# insurance



## breathenatural (May 22, 2008)

Hey everyone, 

Do any of you have insurance for your business and do you mind telling me some info so I can compare?

Just wondering what they need to know, approx how much coverage, how much approx it will cost....

Let me know, thanks so much for any feedback!
Jill


----------



## dragonfly princess (May 22, 2008)

Here ya go!!

http://www.soapguild.org/


----------



## Birdie (May 22, 2008)

I don't know what state you are in but Auto-Owners covers small home-based businesses for around $400 a year in a limited amount of states.

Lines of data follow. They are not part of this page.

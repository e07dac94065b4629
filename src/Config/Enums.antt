-- ===== src/Config/Enums.antt =====
-- src/config.rs: the enumerations, their derived equality and their readers.
use tak_bench.Prelude.{ℕ, Bool, ◌==◌, if◌then◌else◌, Result, ok, err}
use tak_bench.Prelude.Bytes.{Str, bytes, str_eq}

pub data Environment : Type 0 where
  local staging temporary production : Environment

pub data Profile : Type 0 where
  smoke functional load stress spike soak reconnect : Profile

pub data RampStrategy : Type 0 where
  immediate linear step randomized : RampStrategy

pub data ParticipantRole : Type 0 where
  send_only receive_only send_receive : ParticipantRole

pub data ScenarioKind : Type 0 where
  position marker chat : ScenarioKind

pub data Movement : Type 0 where
  fixed random_walk line circle route geojson_route : Movement

pub data InvalidEventKind : Type 0 where
  malformed_xml unterminated_xml oversized_frame invalid_coordinates invalid_time : InvalidEventKind

-- The derived `==` compares discriminants.
abbrev environment_tag : Environment → ℕ
environment_tag local = 0
environment_tag staging = 1
environment_tag temporary = 2
environment_tag production = 3

abbrev profile_tag : Profile → ℕ
profile_tag smoke = 0
profile_tag functional = 1
profile_tag load = 2
profile_tag stress = 3
profile_tag spike = 4
profile_tag soak = 5
profile_tag reconnect = 6

abbrev strategy_tag : RampStrategy → ℕ
strategy_tag immediate = 0
strategy_tag linear = 1
strategy_tag step = 2
strategy_tag randomized = 3

abbrev role_tag : ParticipantRole → ℕ
role_tag send_only = 0
role_tag receive_only = 1
role_tag send_receive = 2

abbrev kind_tag : ScenarioKind → ℕ
kind_tag position = 0
kind_tag marker = 1
kind_tag chat = 2

abbrev movement_tag : Movement → ℕ
movement_tag fixed = 0
movement_tag random_walk = 1
movement_tag line = 2
movement_tag circle = 3
movement_tag route = 4
movement_tag geojson_route = 5

abbrev pub environment_eq : Environment → Environment → Bool
environment_eq a b = environment_tag a == environment_tag b

abbrev pub profile_eq : Profile → Profile → Bool
profile_eq a b = profile_tag a == profile_tag b

abbrev pub strategy_eq : RampStrategy → RampStrategy → Bool
strategy_eq a b = strategy_tag a == strategy_tag b

abbrev pub role_eq : ParticipantRole → ParticipantRole → Bool
role_eq a b = role_tag a == role_tag b

abbrev pub kind_eq : ScenarioKind → ScenarioKind → Bool
kind_eq a b = kind_tag a == kind_tag b

abbrev pub movement_eq : Movement → Movement → Bool
movement_eq a b = movement_tag a == movement_tag b

unfoldable pub environment_from_str : Str → Result Str Environment
environment_from_str value =
    if str_eq value (bytes "local")
    then ok local
    else if str_eq value (bytes "staging")
    then ok staging
    else if str_eq value (bytes "temporary")
    then ok temporary
    else if str_eq value (bytes "production")
    then ok production
    else err (bytes "environment must be local, staging, temporary, or production")

unfoldable pub profile_from_str : Str → Result Str Profile
profile_from_str value =
    if str_eq value (bytes "smoke")
    then ok smoke
    else if str_eq value (bytes "functional")
    then ok functional
    else if str_eq value (bytes "load")
    then ok load
    else if str_eq value (bytes "stress")
    then ok stress
    else if str_eq value (bytes "spike")
    then ok spike
    else if str_eq value (bytes "soak")
    then ok soak
    else if str_eq value (bytes "reconnect")
    then ok reconnect
    else err (bytes "unknown profile")
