-- ===== src/Config/Text.antt =====
-- The text operations of the standard library that src/config.rs calls, on UTF-8 bytes.
use tak_bench.Prelude.{
  ℕ, zero, suc, ◌+◌, ◌-◌, ◌*◌, ◌/◌, ◌%◌, Bool, true, false, ◌&&◌, ◌||◌, Option, none, some, [], ◌∷◌,
  ◌++◌, reverse, leb, ltb, ◌==◌, if◌then◌else◌, is_some, length, take, drop,
}
use tak_bench.Prelude.Bytes.{Bytes, Str, position, starts_with}
use tak_bench.Prelude.Time.{u64_max}

-- `u8::is_ascii_digit`, `u8::is_ascii_alphanumeric`
abbrev pub is_ascii_digit : ℕ → Bool
is_ascii_digit b = leb b'0' b && leb b b'9'

abbrev pub is_ascii_alphanumeric : ℕ → Bool
is_ascii_alphanumeric b = is_ascii_digit b || leb b'A' b && leb b b'Z' || leb b'a' b && leb b b'z'

-- How many bytes at the front are one character with the Unicode property White_Space.
unfoldable pub white_space : Bytes → ℕ
white_space [] = 0
white_space (a ∷ []) = if a == 0x20 || leb 9 a && leb a 13 then 1 else 0
white_space (a ∷ b ∷ []) =
    if a == 0x20 || leb 9 a && leb a 13
    then 1
    else if a == 0xC2 && (b == 0x85 || b == 0xA0)
    then 2
    else 0
white_space (a ∷ b ∷ c ∷ rest) =
    if a == 0x20 || leb 9 a && leb a 13
    then 1
    else if a == 0xC2 && (b == 0x85 || b == 0xA0)
    then 2
    else if a == 0xE1 && b == 0x9A && c == 0x80
    then 3
    else if a == 0xE2
        && b == 0x80
        && (leb 0x80 c && leb c 0x8A || c == 0xA8 || c == 0xA9 || c == 0xAF)
    then 3
    else if a == 0xE2 && b == 0x81 && c == 0x9F
    then 3
    else if a == 0xE3 && b == 0x80 && c == 0x80
    then 3
    else 0

-- The same at the back, of the reversed text.
unfoldable pub white_space_back : Bytes → ℕ
unfolding white_space
white_space_back text =
    let one = white_space (take 1 text) in
    let two = white_space (reverse (take 2 text)) in
    let three = white_space (reverse (take 3 text)) in
    if one == 1 then 1 else if two == 2 then 2 else if three == 3 then 3 else 0

-- Drops characters that `width` finds; the fuel is the length of the text.
unfoldable pub drop_chars : (Bytes → ℕ) → ℕ → Bytes → Bytes
drop_chars width zero text = text
drop_chars width (suc fuel) text =
    let rest = drop_chars width fuel (drop (width text) text) in
    if width text == 0 then text else rest

-- `str::trim`
unfoldable pub trim : Str → Str
unfolding drop_chars white_space white_space_back
trim text =
    let front = drop_chars white_space (length text) text in
    reverse (drop_chars white_space_back (length front) (reverse front))

-- `find(|c| !c.is_ascii_digit())`: a character that is no digit begins at the first byte that is none.
unfoldable pub find_non_digit : Str → Option ℕ
find_non_digit [] = none
find_non_digit (b ∷ rest) = elim (is_ascii_digit b) [
  | true ↦ elim (find_non_digit rest) [ none ↦ none | some n ↦ some (suc n) ]
  | false ↦ some 0
]

-- `str::parse::<u64>` of digits: an empty text and an overflow are errors.
unfoldable pub parse_digits : ℕ → Str → Option ℕ
parse_digits acc [] = some acc
parse_digits acc (b ∷ rest) =
    let next = acc * 10 + (b - b'0') in
    elim (is_ascii_digit b && leb next u64_max) [ true ↦ parse_digits next rest | false ↦ none ]

-- Called on digits alone, so no sign is read.
unfoldable pub parse_u64 : Str → Option ℕ
unfolding parse_digits
parse_u64 [] = none
parse_u64 (b ∷ rest) = parse_digits 0 (b ∷ rest)

-- `str::contains`
unfoldable pub contains : Bytes → Str → Bool
unfolding position starts_with
contains pat text = is_some (position pat text)

-- `str::replace`: each match of the pattern, left to right. `skip` counts the bytes of a match that
-- are still to be passed over.
unfoldable pub replace_from : Bytes → Bytes → ℕ → Str → Str
unfolding starts_with
replace_from pat new skip [] = []
replace_from pat new (suc skip) (b ∷ rest) = replace_from pat new skip rest
replace_from pat new zero (b ∷ rest) = elim (starts_with pat (b ∷ rest)) [
  | true ↦ new ++ replace_from pat new (length pat - 1) rest
  | false ↦ b ∷ replace_from pat new zero rest
]

unfoldable pub replace : Bytes → Bytes → Str → Str
unfolding replace_from
replace pat new text = replace_from pat new zero text

-- `format!("{n}")` of a number, by fuel of its digits
unfoldable pub decimal_from : ℕ → ℕ → Str → Str
decimal_from zero n acc = acc
decimal_from (suc fuel) n acc =
    let rest = decimal_from fuel (n / 10) ((b'0' + n % 10) ∷ acc) in
    if ltb n 10 then (b'0' + n) ∷ acc else rest

-- a `u64` has at most twenty digits
unfoldable pub decimal : ℕ → Str
unfolding decimal_from
decimal n = decimal_from 20 n []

Also if you are old enoough and join the AARP    they have ins for around the same amount.


----------



## Soapmaker Man (May 22, 2008)

The link to The Soap Gild and insurance through them, which is great, thanks DFP. Bomba Insurance ia another insurer a LOT of soapers use, and they are located in California.  Here is their link;

http://www.bombainsurance.com/

Paul :wink:


----------



## breathenatural (May 23, 2008)

I am in Canada- so I am not sure I am able to join the Guild. From what I read, I can join, but not get insurance. 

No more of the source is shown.